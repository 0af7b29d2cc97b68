-- ===== src/Schedule/Query.antt =====
-- The callbacks of the schedule query of src/mio_schedule.c.
use libmio.Base.{
  ◌+◌, String, Bool, true, false, List, Option, none, some, str_eq, if◌then◌else◌, ◌>>=◌, add_last,
  update_last,
}
use libmio.Xml.{Attrs}
use libmio.Xml.Scan.{scan}
use libmio.Geoloc.{fill}
use libmio.Response.{Response, ResponseType, PacketType, packet, on_packet, xml_error_handler}
use libmio.Handlers.{Reader}
use libmio.Schedule.{Event, Recurrence, event_new, recurrence_new, scan_id}

-- What the callbacks share: the response, whether texts go to the recurrence, and whether
-- `xml_data->payload` points to an event, which is the last of the packet.
pub record Reading : Type 0 where
  pub response : Response (List Event)
  pub filling : Bool
  pub pointed : Bool

-- A write to the event. When an error has taken the place of the packet, nobody sees it.
abbrev pub on_event : Reading → (Event → Option Event) → Option Reading
on_event s f =
    let changed : Option Reading = elim s.response.response [
      | packet p ↦ update_last f p.payload >>= λ l. some (record s {
        response = record s.response { response = packet (record p { payload = l }) };
      })
      | _ ↦ some s
    ] in
    if s.pointed then changed else none

-- One attribute of an `event` element.
abbrev pub event_attribute : String → String → Event → Event
event_attribute k v e = record {
  id = if str_eq k "id" then scan_id v e.id else e.id;
  tranducer_name = if str_eq k "transducerName" then some v else e.tranducer_name;
  transducer_value = if str_eq k "transducerValue" then some v else e.transducer_value;
  time = if str_eq k "time" then some v else e.time;
  info = if str_eq k "info" then some v else e.info;
  recurrence = e.recurrence;
}

-- `mio_XMLstart_schedule_query`
unfoldable pub start_schedule_query : Reading → String → Attrs → Option Reading
start_schedule_query s name attrs =
    let with_items =
      if str_eq name "items"
      then on_packet (record s.response { response_type = ResponseType.packet })
          (λ p. record p { type = PacketType.schedule })
      else some s.response in
    with_items >>= λ r.
    if str_eq name "event"
    then (on_packet r (λ p. record p {
      num_payloads = p.num_payloads + 1;
      payload = add_last p.payload (scan event_attribute event_new attrs);
    })
        >>= λ r'. some (record { response = r'; filling = false; pointed = true }))
    else if str_eq name "recurrence"
    then (on_event (record s { response = r })
          (λ e. some (record e { recurrence = some recurrence_new }))
        >>= λ s'. some (record s' { filling = true }))
    else if str_eq name "error"
    then some (record s { response = xml_error_handler attrs r })
    else some (record s { response = r })

-- A text within the element `name`.
abbrev pub recurrence_chars : String → String → Recurrence → Recurrence
recurrence_chars name t r = record {
  freq = fill (str_eq name "freq") t r.freq;
  interval = fill (str_eq name "interval") t r.interval;
  count = fill (str_eq name "count") t r.count;
  until = fill (str_eq name "until") t r.until;
  bymonth = fill (str_eq name "bymonth") t r.bymonth;
  byday = fill (str_eq name "byday") t r.byday;
  exdate = fill (str_eq name "exdate") t r.exdate;
}

-- `mio_XMLString_recurrence`
unfoldable pub string_recurrence : Reading → Option String → String → Option Reading
string_recurrence s none t = none
string_recurrence s (some name) t =
    on_event s
      (λ e. e.recurrence >>= λ r. some (record e { recurrence = some (recurrence_chars name t r) }))

-- The callbacks of `mio_handler_schedule_query`. There is no text callback before the first
-- recurrence, and none from the next event on.
abbrev pub schedule_reader : Reader Reading
schedule_reader = record {
  renames = true;
  at_start = λ s _ _ name attrs. start_schedule_query s name attrs;
  at_chars =
      λ s curr t. let filled = string_recurrence s curr t in if s.filling then filled else some s;
}
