-- ===== src/Handlers/Renamed.antt =====
-- A reader whose start callback sets the names itself pushes other names on the stack of parents.
-- Where it does not look at them, it reads what it would read otherwise.
use libmio.Base.{
  suc, ◌+◌, ◌-◌, ◌≡◌, refl, ap, sym, subst, ◌∙◌, String, Bool, true, false, inl, inr, List, [], ◌∷◌,
  map, Option, none, some, arith, length, ltb, if◌then◌else◌, Bool-cases, >>=-eq-some,
}
use mathlib.Core.Option.{some-injective}
use libmio.Xml.{Attrs, Event, start, chars, stop}
use libmio.Handlers.{
  ElementName, open_name, name_of, close, Parents, chain, dangling, XmlData, push_parent,
  pop_parent, update_start, update_end, renamed, top, Reader, step, read, xml_parse, complete,
  xml_parser_data_new,
}
use libmio.Response.{Code}

-- The stack of the one reader, and that of the other. The first comes to dangle no later.
abbrev Stacks : Parents → Parents → Type 0
Stacks dangling q = Unit
Stacks (chain l) q =
    (names : List String) × (q ≡ chain (map some names)) × (length l ≡ length names)

record IsLike (x y : XmlData) : Type 0 where
  name : x.curr_element_name ≡ y.curr_element_name
  depth : x.curr_depth ≡ y.curr_depth
  deepest : x.prev_depth ≡ y.prev_depth
  stack : Stacks x.parent y.parent

push_parent-Stacks :
    (n : Option String) (m : String) (p q r : Parents)
    → Stacks p q
    → push_parent n p ≡ some r
    → (s : Parents) × (push_parent (some m) q ≡ some s) × Stacks r s
push_parent-Stacks n m dangling q r h e = cc
push_parent-Stacks n m (chain l) q r (names, same, long) e = (
  chain (map some (m ∷ names)),
  ap (push_parent (some m)) same,
  subst (λ p. Stacks p (chain (map some (m ∷ names)))) (some-injective _ _ e)
      (m ∷ names, refl, ap suc long),
)

pop_parent-Stacks :
    (p q r : Parents)
    → Stacks p q
    → pop_parent p ≡ some r
    → (s : Parents) × (pop_parent q ≡ some s) × Stacks r s
pop_parent-Stacks dangling q r h e = cc
pop_parent-Stacks (chain []) q r h e = cc
pop_parent-Stacks (chain (_ ∷ [])) q r h e = cc
pop_parent-Stacks (chain (_ ∷ _ ∷ l)) q r ([], same, long) e = absurd (omega arith)
pop_parent-Stacks (chain (_ ∷ _ ∷ l)) q r (a ∷ [], same, long) e = absurd (omega arith)
pop_parent-Stacks (chain (_ ∷ none ∷ l)) q r (a ∷ b ∷ names, same, long) e = (
  chain (map some (b ∷ names)),
  ap pop_parent same,
  subst (λ p. Stacks p (chain (map some (b ∷ names)))) (some-injective _ _ e) tt,
)
pop_parent-Stacks (chain (_ ∷ some n ∷ l)) q r (a ∷ b ∷ names, same, long) e = (
  chain (map some (b ∷ names)),
  ap pop_parent same,
  subst (λ p. Stacks p (chain (map some (b ∷ names)))) (some-injective _ _ e)
      (b ∷ names, refl, omega arith),
)

if_true : {A : Type 0} (b : Bool) (t f : A) {c : A} → b ≡ true → (if b then t else f) ≡ c → t ≡ c
if_true b t f {c = c} h e = subst (λ a. (if a then t else f) ≡ c) h e

if_false : {A : Type 0} (b : Bool) (t f : A) {c : A} → b ≡ false → (if b then t else f) ≡ c → f ≡ c
if_false b t f {c = c} h e = subst (λ a. (if a then t else f) ≡ c) h e

update_start-IsLike :
    (x y x' : XmlData) (n : String)
    → IsLike x y
    → update_start x n ≡ some x'
    → (y' : XmlData) × (update_start (renamed y n) n ≡ some y') × IsLike x' y'
unfolding update_start
update_start-IsLike x y x' n h e =
    let same : ltb x.prev_depth (x.curr_depth + 1) ≡ ltb y.prev_depth (y.curr_depth + 1) =
      λ i. ltb (h.deepest i) (h.depth i + 1) in
    let named : XmlData = record (renamed y n) {
      prev_element_name = open_name n;
      curr_depth = y.curr_depth + 1;
      prev_depth = y.curr_depth + 1;
    } in
    elim (Bool-cases (ltb x.prev_depth (x.curr_depth + 1))) [
      | inl deeper ↦
          let (p, pushed, e1) =
            >>=-eq-some (push_parent (name_of x.curr_element_name) x.parent) _
              (if_true _ _ _ deeper e) in
          let (s, pushed', stacks) =
            push_parent-Stacks (name_of x.curr_element_name) n x.parent y.parent p h.stack pushed in
          let deeper' : ltb y.prev_depth (y.curr_depth + 1) ≡ true = sym same ∙ deeper in
          (
            record named { parent = s },
            rw (deeper', pushed'),
            subst (λ z. IsLike z (record named { parent = s })) (some-injective _ _ e1)
                (record {
                  name = refl;
                  depth = ap (λ d. d + 1) h.depth;
                  deepest = ap (λ d. d + 1) h.depth;
                  stack = stacks;
                }),
          )
      | inr level ↦
          let level' : ltb y.prev_depth (y.curr_depth + 1) ≡ false = sym same ∙ level in
          (
            named,
            rw level',
            subst (λ z. IsLike z named) (some-injective _ _ (if_false _ _ _ level e))
                (record {
                  name = refl;
                  depth = ap (λ d. d + 1) h.depth;
                  deepest = ap (λ d. d + 1) h.depth;
                  stack = h.stack;
                }),
          )
    ]

update_end-IsLike :
    (x y x' : XmlData)
    → IsLike x y
    → update_end x ≡ some x'
    → (y' : XmlData) × (update_end y ≡ some y') × IsLike x' y'
unfolding update_end
update_end-IsLike x y x' h e =
    let same : ltb x.curr_depth x.prev_depth ≡ ltb y.curr_depth y.prev_depth =
      λ i. ltb (h.depth i) (h.deepest i) in
    let up : XmlData = record y {
      curr_element_name = close y.curr_element_name;
      prev_depth = y.curr_depth;
      curr_depth = y.curr_depth - 1;
    } in
    elim (Bool-cases (ltb x.curr_depth x.prev_depth)) [
      | inl behind ↦
          let (p, popped, e1) = >>=-eq-some (pop_parent x.parent) _ (if_true _ _ _ behind e) in
          let (s, popped', stacks) = pop_parent-Stacks x.parent y.parent p h.stack popped in
          let behind' : ltb y.curr_depth y.prev_depth ≡ true = sym same ∙ behind in
          (
            record up { parent = s },
            rw (behind', popped'),
            subst (λ z. IsLike z (record up { parent = s })) (some-injective _ _ e1)
                (record {
                  name = ap close h.name;
                  depth = ap (λ d. d - 1) h.depth;
                  deepest = h.depth;
                  stack = stacks;
                }),
          )
      | inr leaf ↦
          let leaf' : ltb y.curr_depth y.prev_depth ≡ false = sym same ∙ leaf in
          (
            up,
            rw leaf',
            subst (λ z. IsLike z up) (some-injective _ _ (if_false _ _ _ leaf e))
                (record {
                  name = ap close h.name;
                  depth = ap (λ d. d - 1) h.depth;
                  deepest = h.depth;
                  stack = h.stack;
                }),
          )
    ]

module _ {S : Type 0} where
  -- The start callback looks neither at the element before nor at the one around.
  abbrev pub IsBlind : Reader S → Type 0
  IsBlind r =
      (s : S) (p p' : ElementName) (q q' : Option String) (n : String) (a : Attrs)
      → r.at_start s p q n a ≡ r.at_start s p' q' n a

  abbrev pub renaming : Bool → Reader S → Reader S
  renaming b r = record r { renames = b }

  module _ (r : Reader S) (blind : IsBlind r) where
    step-IsLike :
        (x y x' : XmlData) (s t : S) (e : Event)
        → IsLike x y
        → step (renaming false r) (x, s) e ≡ some (x', t)
        → (y' : XmlData) × (step (renaming true r) (y, s) e ≡ some (y', t)) × IsLike x' y'
    step-IsLike x y x' s t (start n a) h e =
        let (z, started, e1) = >>=-eq-some (update_start x n) _ e in
        let (u, entered, e2) =
          >>=-eq-some (r.at_start s z.prev_element_name (top z.parent) n a) _ e1 in
        let (y', started', alike) = update_start-IsLike x y z n h started in
        let same = some-injective _ _ e2 in
        (
          y',
          rw
              (
                started',
                blind s y'.prev_element_name z.prev_element_name (top y'.parent) (top z.parent) n a,
                entered,
              )
              (ap (λ w. some (y', w.1)) same),
          subst (λ w. IsLike w.0 y') same alike,
        )
    step-IsLike x y x' s t (chars v) h e =
        let (u, filled, e1) = >>=-eq-some (r.at_chars s (name_of x.curr_element_name) v) _ e in
        let same = some-injective _ _ e1 in
        let filled' : r.at_chars s (name_of y.curr_element_name) v ≡ some u =
          ap (λ c. r.at_chars s (name_of c) v) (sym h.name) ∙ filled in
        (y, rw filled' (ap (λ w. some (y, w.1)) same), subst (λ w. IsLike w.0 y) same h)
    step-IsLike x y x' s t (stop n) h e =
        let (z, ended, e1) = >>=-eq-some (update_end x) _ e in
        let (y', ended', alike) = update_end-IsLike x y z h ended in
        let same = some-injective _ _ e1 in
        (y', rw ended' (ap (λ w. some (y', w.1)) same), subst (λ w. IsLike w.0 y') same alike)

    read-IsLike :
        (es : List Event) (x y x' : XmlData) (s t : S)
        → IsLike x y
        → read (renaming false r) (x, s) es ≡ some (x', t)
        → (y' : XmlData) × (read (renaming true r) (y, s) es ≡ some (y', t))
    unfolding read
    read-IsLike [] x y x' s t h e = (y, ap (λ w. some (y, w.1)) (some-injective _ _ e))
    read-IsLike (e ∷ es) x y x' s t h eq =
        let ((z, u), stepped, e1) = >>=-eq-some (step (renaming false r) (x, s) e) _ eq in
        let (y1, stepped', alike) = step-IsLike x y z s u e h stepped in
        let (y', readable) = read-IsLike es z y1 x' u t alike e1 in (y', rw (stepped', readable))

    -- What a document yields where the callback leaves the names alone, it yields where the
    -- callback sets them.
    pub xml_parse-renaming :
        (es : List Event) (s t : S)
        → xml_parse (renaming false r) s (complete es) ≡ some (Code.ok, t)
        → xml_parse (renaming true r) s (complete es) ≡ some (Code.ok, t)
    unfolding xml_parse
    xml_parse-renaming es s t e =
        let ((x, u), readable, e1) =
          >>=-eq-some (read (renaming false r) (xml_parser_data_new, s) es) _ e in
        let (y, readable') =
          read-IsLike es xml_parser_data_new xml_parser_data_new x s u
            (record { name = refl; depth = refl; deepest = refl; stack = ([], refl, refl) })
            readable in
        rw readable' (ap (λ w. some (Code.ok, w.1)) (some-injective _ _ e1))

● **WHAT THE TASK ASKS**
Only the lines from the one with "-- What a document" through the final line above should be repeated, each exactly as written.

● **YOUR RESPONSE**
    -- What a document yields where the callback leaves the names alone, it yields where the
    -- callback sets them.
    pub xml_parse-renaming :
        (es : List Event) (s t : S)
        → xml_parse (renaming false r) s (complete es) ≡ some (Code.ok, t)
        → xml_parse (renaming true r) s (complete es) ≡ some (Code.ok, t)
    unfolding xml_parse
    xml_parse-renaming es s t e =
        let ((x, u), readable, e1) =
          >>=-eq-some (read (renaming false r) (xml_parser_data_new, s) es) _ e in
        let (y, readable') =
          read-IsLike es xml_parser_data_new xml_parser_data_new x s u
            (record { name = refl; depth = refl; deepest = refl; stack = ([], refl, refl) })
            readable in
        rw readable' (ap (λ w. some (Code.ok, w.1)) (some-injective _ _ e1))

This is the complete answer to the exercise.